Cultural Appropriation and Theft

Cultural Appropriation and Theft October 5, 2015

There’s a conversation going on among Pagans about cultural appropriation. I’m re-examining my own work in light of these discussions.

What is ownership? What do I own? Well, to start with, I own the copyright to The Woman Magician. I spent significant time thinking the ideas in the book, writing them, editing them, and sharing them.

Settler landscape - Dungeness Valley Washington
Settler landscape – Dungeness Valley Washington

If someone loaded an efile of the book onto a file sharing site without my permission that would be theft. When people justify this kind of theft by saying “ideas want to be free”, I argue that I am happy to share the ideas. People have written about my work and have entered into dialogue with me and that is thrilling. These folk put their own work into the discussion, so it’s an exchange. Giving away the book doesn’t share the ideas, it steals my labor and offers me nothing in return. U.S. copyright law is with me on this.

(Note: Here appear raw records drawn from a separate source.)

-- ===== src/Gtfs/Importer/Lines.antt =====
-- What the range over the grouped shapes adds to the table of shapes.
use public_transport_tracker.Base.{
  string_eq, nat_eq, ℕ, ◌+◌, ◌≡◌, refl, sym, ap, ◌∙◌, true, false, Option, none, some, List, [],
  ◌∷◌, ◌++◌, String, if◌then◌else◌, ◌==◌, ==_iff, arith, append-nil, length, Bool-cases,
  Option-cases, inl, inr, ltb, get_or, count, leb, not, ◌&&◌,
}
use public_transport_tracker.GoMap.{GoMap, empty, lookup}
use public_transport_tracker.Gtfs.{
  table_eq, shapes, Row, shape, Tables, Database, insert, prepare, insert_row,
}
use public_transport_tracker.Gtfs.Csv.{CsvFile, strip_bom, read_csv}
use public_transport_tracker.Gtfs.Rows.{Conversions}
use public_transport_tracker.Gtfs.Shapes.{ShapePoint, group_range, line_string}
use public_transport_tracker.Gtfs.Shapes.Group.{
  IsSorting, length-sort, points_of, group_range-points_of,
}
use public_transport_tracker.Gtfs.Importer.{insert_shapes, import_shapes}
use public_transport_tracker.Gtfs.Importer.Loops.{insert_row-rows_for, Adds}

module _ {F : Type 0} (accepts : Database F) (conv : Conversions F)
    (sort : List (ShapePoint F) → List (ShapePoint F)) (sorts : IsSorting sort) where
  -- The row of a shape, if it has two points or more.
  abbrev pub shape_row : String → List (ShapePoint F) → List (Row F)
  shape_row id points =
      if ltb (length points) 2 then [] else shape id (line_string conv (sort points)) ∷ []

  abbrev pub shape_rows : List String → (String → List (ShapePoint F)) → List (Row F)
  shape_rows [] points = []
  shape_rows (id ∷ order) points = shape_row id (points id) ++ shape_rows order points

  insert_shapes-Adds :
      (order : List String) (grouped : GoMap String (List (ShapePoint F)))
      (points : String → List (ShapePoint F)) (count : ℕ) (tx : Tables F)
      → ((id : String) → get_or (lookup id grouped) [] ≡ points id)
      → Adds shapes
          (shape_rows order points)
          tx
          (insert_shapes accepts conv sort order grouped count tx)
  unfolding insert_shapes
  insert_shapes-Adds [] grouped points count tx known n tx' e u =
      let same : tx' ≡ tx = ground arith in
      rw same (elim (Bool-cases (shapes == u)) [
        | inl h ↦ rw (h, append-nil) refl
        | inr h ↦ rw (h, append-nil) refl
      ])
  insert_shapes-Adds (id ∷ order) grouped points count tx known n tx' e u =
      let row : Row F = shape id (line_string conv (sort (points id))) in
      elim (Option-cases (lookup id grouped)) [
        | inl h ↦
            let none_of : points id ≡ [] = sym (known id) ∙ ap (λ o. get_or o []) h in
            rw none_of
              (insert_shapes-Adds order grouped points count tx known n tx' (ground arith) u)
        | inr (ps, h) ↦
            let here : lookup id grouped ≡ some (points id) =
              h ∙ ap some (sym (ap (λ o. get_or o []) h) ∙ known id) in
            let size : length (sort (points id)) ≡ length (points id) =
              length-sort sort sorts (points id) in
            elim (Bool-cases (ltb (length (points id)) 2)) [
              | inl few ↦
                  let few' : ltb (length (sort (points id))) 2 ≡ true = rw size few in
                  rw few
                    (insert_shapes-Adds order grouped points count tx known n tx' (ground arith) u)
              | inr many ↦
                  let many' : ltb (length (sort (points id))) 2 ≡ false = rw size many in
                  elim (Bool-cases (accepts (insert shapes row) tx)) [
                    | inl a ↦ rw many (
                        insert_shapes-Adds order grouped points (count + 1)
                          (insert_row shapes row tx) known n tx' (ground arith) u
                        ∙ insert_row-rows_for shapes u row (shape_rows order points) tx)
                    | inr a ↦ absurd (ground arith)
                  ]
            ]
      ]

  -- The records of the file of shapes; a file that is absent or has no header has none.
  abbrev pub file_points : Option (Option CsvFile) → String → List (ShapePoint F)
  file_points none id = []
  file_points (some none) id = []
  file_points (some (some file)) id = elim file.header [
    | none ↦ []
    | some header ↦ points_of conv (strip_bom header) id file.rows
  ]

  pub import_shapes-Adds :
      (order : List String) (entry : Option CsvFile) (tx : Tables F)
      → Adds shapes
          (shape_rows order (file_points (some entry)))
          tx
          (import_shapes accepts conv sort order entry tx)
  unfolding import_shapes read_csv
  import_shapes-Adds order none tx n tx' e u = absurd (ground arith)
  import_shapes-Adds order (some file) tx n tx' e u = elim (Option-cases file.header) [
    | inl h ↦ absurd (ground arith)
    | inr (header, h) ↦ elim (Bool-cases file.complete) [
      | inl whole ↦ elim (Bool-cases (accepts (prepare shapes) tx)) [
        | inl a ↦
            insert_shapes-Adds order (group_range conv (strip_bom header) file.rows empty)
              (file_points (some (some file))) 0 tx
              (λ id.
                rw h (
                  unfold lookup in
                  group_range-points_of conv (strip_bom header) id file.rows empty))
              n tx' (ground arith) u
        | inr a ↦ absurd (ground arith)
      ]
      | inr part ↦ absurd (ground arith)
    ]
  ]

  -- The geometry of the first row of a shape.
  abbrev pub find_line : String → List (Row F) → Option String
  find_line id [] = none
  find_line id (shape i line ∷ rows) = if i == id then some line else find_line id rows
  find_line id (_ ∷ rows) = find_line id rows

  pub find_line-shape_rows :
      (id : String) (order : List String) (points : String → List (ShapePoint F))
      → find_line id (shape_rows order points) ≡ (
          if leb 1 (count id order) && not (ltb (length (points id)) 2)
          then some (line_string conv (sort (points id)))
          else none)
  find_line-shape_rows id [] points = refl
  find_line-shape_rows id (i ∷ order) points = elim (Bool-cases (ltb (length (points i)) 2)) [
    | inl few ↦ ground (arith, ==_iff i id, find_line-shape_rows id order points)
    | inr many ↦ ground (arith, ==_iff i id, find_line-shape_rows id order points)
  ]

In The Woman Magician there is a ritual which tells four stories from four corners of the world. For the Americas I picked a Cherokee story about Grandmother Sun. This story is available on the web and I told it in my own words, so copyright law doesn’t treat this as a theft. However, since I wrote the book my own journey has taken me farther down the road of thinking about the impact of what I do, and now I am wondering if I acted with integrity.

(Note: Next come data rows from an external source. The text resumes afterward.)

-- ===== src/Gtfs/Importer/Import.antt =====
-- What an import leaves in the database.
use public_transport_tracker.Base.{
  string_eq, nat_eq, ◌≡◌, refl, ap, ◌∙◌, Bool, true, Option, none, some, List, [], ◌∷◌, ◌++◌,
  String, ◌==◌, arith, append-nil, append_assoc, Bool-cases, Option-cases, inl, inr, is_some, ◌⊎◌,
}
use public_transport_tracker.GoMap.{GoMap, empty, lookup}
use public_transport_tracker.Gtfs.{
  table_eq, Table, agencies, routes, stops, shapes, trips, stop_times, calendar, calendar_dates,
  Row, Tables, Database, begin, commit,
}
use public_transport_tracker.Gtfs.Csv.{CsvFile}
use public_transport_tracker.Gtfs.Rows.{
  Conversions, agency_row, route_row, stop_row, trip_row, stop_time_row, service_row,
  service_date_row,
}
use public_transport_tracker.Gtfs.Shapes.{ShapePoint}
use public_transport_tracker.Gtfs.Shapes.Group.{IsSorting}
use public_transport_tracker.Gtfs.Importer.{
  ok, FileImporter, importers, import_rows, import_range, index_files, cleared_tables, delete_range,
  in_transaction, import,
}
use public_transport_tracker.Gtfs.Importer.Loops.{
  Result-cases, rows_for, Adds, file_rows, import_rows-Adds,
}
use public_transport_tracker.Gtfs.Importer.Cleared.{delete_range-cleared}
use public_transport_tracker.Gtfs.Importer.Lines.{shape_rows, file_points, import_shapes-Adds}

module _ {F : Type 0} (accepts : Database F) (conv : Conversions F)
    (sort : List (ShapePoint F) → List (ShapePoint F)) (sorts : IsSorting sort) where
  -- Which rows a file of the archive has for which table.
  pub record FileRows : Type 0 where
    pub table : Table
    pub rows : Option (Option CsvFile) → List (Row F)

  pub record Covers (imp : FileImporter accepts conv sort) (spec : FileRows) : Type 0 where
    pub absent : spec.rows none ≡ []
    pub adds :
        (entry : Option CsvFile) (tx : Tables F)
        → Adds spec.table (spec.rows (some entry)) tx (imp.fn entry tx)

  abbrev pub AllCover : List (FileImporter accepts conv sort) → List FileRows → Type 0
  AllCover [] specs = specs ≡ []
  AllCover (imp ∷ imps) [] = ⊥
  AllCover (imp ∷ imps) (spec ∷ specs) = Covers imp spec × AllCover imps specs

  -- The rows that the files have for a table.
  abbrev rows_to :
      Table
      → List (FileImporter accepts conv sort)
      → List FileRows
      → GoMap String (Option CsvFile)
      → List (Row F)
  rows_to u (imp ∷ imps) (spec ∷ specs) files =
      rows_for spec.table u (spec.rows (lookup imp.file files)) ++ rows_to u imps specs files
  rows_to u _ _ files = []

  pub rows_for-nil : (t u : Table) → rows_for {F = F} t u [] ≡ []
  rows_for-nil t u = elim (Bool-cases (t == u)) [ inl e ↦ rw e refl | inr e ↦ rw e refl ]

  import_range_lem :
      (imps : List (FileImporter accepts conv sort)) (specs : List FileRows)
      (files : GoMap String (Option CsvFile)) (tx tx' : Tables F)
      → AllCover imps specs
      → import_range accepts conv sort imps files tx ≡ ok tt tx'
      → (u : Table) → tx' u ≡ tx u ++ rows_to u imps specs files
  unfolding import_range
  import_range_lem [] specs files tx tx' h e u =
      let same : tx' ≡ tx = ground arith in rw (same, append-nil) refl
  import_range_lem (imp ∷ imps) [] files tx tx' h e u = absurd h
  import_range_lem (imp ∷ imps) (spec ∷ specs) files tx tx' (covers, h) e u =
      elim (Option-cases (lookup imp.file files)) [
        | inl missing ↦
            rw (missing, covers.absent, rows_for-nil spec.table u)
              (import_range_lem imps specs files tx tx' h (ground arith) u)
        | inr (f, found) ↦ elim (Result-cases (imp.fn f tx)) [
          | inl (n, tx1, h1) ↦ rw found (
              import_range_lem imps specs files tx1 tx' h (ground arith) u
              ∙ ap (λ l. l ++ rows_to u imps specs files) (covers.adds f tx n tx1 h1 u)
              ∙ append_assoc (tx u) (rows_for spec.table u (spec.rows (some f)))
                  (rows_to u imps specs files))
          | inr (bad, h1) ↦ absurd (ground arith)
        ]
      ]

  abbrev pub file_specs : List String → List FileRows
  file_specs order =
      record { table = agencies; rows = file_rows (agency_row conv) }
      ∷ record { table = routes; rows = file_rows (route_row conv) }
      ∷ record { table = stops; rows = file_rows (stop_row conv) }
      ∷ record {
        table = shapes;
        rows = λ entry.
            shape_rows accepts conv sort sorts order (file_points accepts conv sort sorts entry);
      }
      ∷ record { table = trips; rows = file_rows (trip_row conv) }
      ∷ record { table = stop_times; rows = file_rows (stop_time_row conv) }
      ∷ record { table = calendar; rows = file_rows (service_row conv) }
      ∷ record { table = calendar_dates; rows = file_rows (service_date_row conv) }
      ∷ []

  shape_rows-nil : (order : List String) → shape_rows accepts conv sort sorts order (λ id. []) ≡ []
  shape_rows-nil [] = refl
  shape_rows-nil (id ∷ order) = shape_rows-nil order

  rows_Covers :
      (file : String) (t : Table) (to_row : List String → List String → Row F) (req : Bool)
      → Covers
          (record { file = file; fn = import_rows accepts t to_row; req = req })
          (record { table = t; rows = file_rows to_row })
  rows_Covers file t to_row req = record {
    absent = refl;
    adds = λ entry tx. import_rows-Adds accepts t to_row entry tx;
  }

  pub importers-AllCover :
      (order : List String) → AllCover (importers accepts conv sort order) (file_specs order)
  unfolding importers
  importers-AllCover order = (
    rows_Covers _ _ _ _,
    (
      rows_Covers _ _ _ _,
      (
        rows_Covers _ _ _ _,
        (
          record {
            absent = shape_rows-nil order;
            adds = λ entry tx. import_shapes-Adds accepts conv sort sorts order entry tx;
          },
          (
            rows_Covers _ _ _ _,
            (rows_Covers _ _ _ _, (rows_Covers _ _ _ _, (rows_Covers _ _ _ _, refl))),
          ),
        ),
      ),
    ),
  )

  -- What the archive's files say that each table holds.
  abbrev pub table_rows : List String → GoMap String (Option CsvFile) → Table → List (Row F)
  table_rows order files agencies = file_rows (agency_row conv) (lookup "agency.txt" files)
  table_rows order files routes = file_rows (route_row conv) (lookup "routes.txt" files)
  table_rows order files stops = file_rows (stop_row conv) (lookup "stops.txt" files)
  table_rows order files shapes =
      shape_rows accepts conv sort sorts order
        (file_points accepts conv sort sorts (lookup "shapes.txt" files))
  table_rows order files trips = file_rows (trip_row conv) (lookup "trips.txt" files)
  table_rows order files stop_times = file_rows (stop_time_row conv) (lookup "stop_times.txt" files)
  table_rows order files calendar = file_rows (service_row conv) (lookup "calendar.txt" files)
  table_rows order files calendar_dates =
      file_rows (service_date_row conv) (lookup "calendar_dates.txt" files)

  rows_to-table_rows :
      (order : List String) (files : GoMap String (Option CsvFile)) (u : Table)
      → rows_to u (importers accepts conv sort order) (file_specs order) files
        ≡ table_rows order files u
  unfolding importers
  rows_to-table_rows order files agencies = simp append-nil refl
  rows_to-table_rows order files routes = simp append-nil refl
  rows_to-table_rows order files stops = simp append-nil refl
  rows_to-table_rows order files shapes = simp append-nil refl
  rows_to-table_rows order files trips = simp append-nil refl
  rows_to-table_rows order files stop_times = simp append-nil refl
  rows_to-table_rows order files calendar = simp append-nil refl
  rows_to-table_rows order files calendar_dates = simp append-nil refl

  in_transaction_lem :
      (order : List String) (files : GoMap String (Option CsvFile)) (db tx : Tables F)
      → in_transaction accepts conv sort order files db ≡ ok tt tx
      → (u : Table) → tx u ≡ table_rows order files u
  unfolding in_transaction
  in_transaction_lem order files db tx e u =
      elim (Result-cases (delete_range accepts conv sort (cleared_tables accepts conv sort) db)) [
        | inl (x, tx1, h) ↦
            let empty_now : tx1 u ≡ [] = delete_range-cleared accepts conv sort db tx1 h u in
            import_range_lem (importers accepts conv sort order) (file_specs order) files tx1 tx
              (importers-AllCover order) (ground arith) u
            ∙ rw empty_now (rows_to-table_rows order files u)
        | inr (bad, h) ↦ absurd (ground arith)
      ]

  -- An import that returns no error leaves in each of the eight tables exactly the rows that the
  -- archive's file for it says, in the file's order (and those of the shapes in the order of the
  -- range), whatever the tables held before; an import that returns an error leaves the database as
  -- it was.
  pub import_lem :
      (order : List String) (zip : Option (List (String × Option CsvFile))) (db : Tables F)
      → let (db', error) = import accepts conv sort order zip db in
        ((error ≡ none)
          × ((entries : List (String × Option CsvFile)) × (zip ≡ some entries)
              × ((t : Table)
                  → db' t ≡ table_rows order (index_files accepts conv sort entries empty) t)))
        ⊎ ((is_some error ≡ true) × (db' ≡ db))
  unfolding import
  import_lem order none db = inr (refl, refl)
  import_lem order (some entries) db =
      let files = index_files accepts conv sort entries empty in
      elim (Bool-cases (accepts begin db)) [
        | inr b ↦ rw b (inr (refl, refl))
        | inl b ↦ elim (Result-cases (in_transaction accepts conv sort order files db)) [
          | inr (bad, h) ↦ rw (b, h) (inr (refl, refl))
          | inl (x, tx, h) ↦ elim (Bool-cases (accepts commit tx)) [
            | inl c ↦
                rw (b, h, c)
                  (inl (refl, (entries, refl, λ t. in_transaction_lem order files db tx h t)))
            | inr c ↦ rw (b, h, c) (inr (refl, refl))
          ]
        ]
      ]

I don’t know the Cherokee people. I know something about my native neighbors, most of whom belong to the Salish Nation. These peoples have a different approach to intellectual property than the European. Here’s an illustration. Recently white allies were invited to meet with native people for a water blessing to protect the waters of the Salish Sea and my family went to the event. A native man played a drum and chanted. The first song he specifically asked us not to try to learn, only enjoy. About the second song he said “If you can catch it you can keep it.”

The second song exemplifies cultural sharing. I was invited to the event as a white person and given explicit permission to learn the song. But what if I had learned the first song? If I recorded it and sold it that would violate copyright law. Suppose I learned it and just sang it to friends, or to myself? That might not violate copyright law, but it would still be theft by Salish standards.

There are white people who argue that learning that first song and singing it is perfectly appropriate. It’s just cultural borrowing – cultures always learn from one another – there are other songs very similar to that one. Really, there is no such thing as cultural appropriation.

These arguments are tone-deaf. (Tone-deaf is how we describe white people who saying racist things when we don’t want to call them ‘racist’ and offend other white people).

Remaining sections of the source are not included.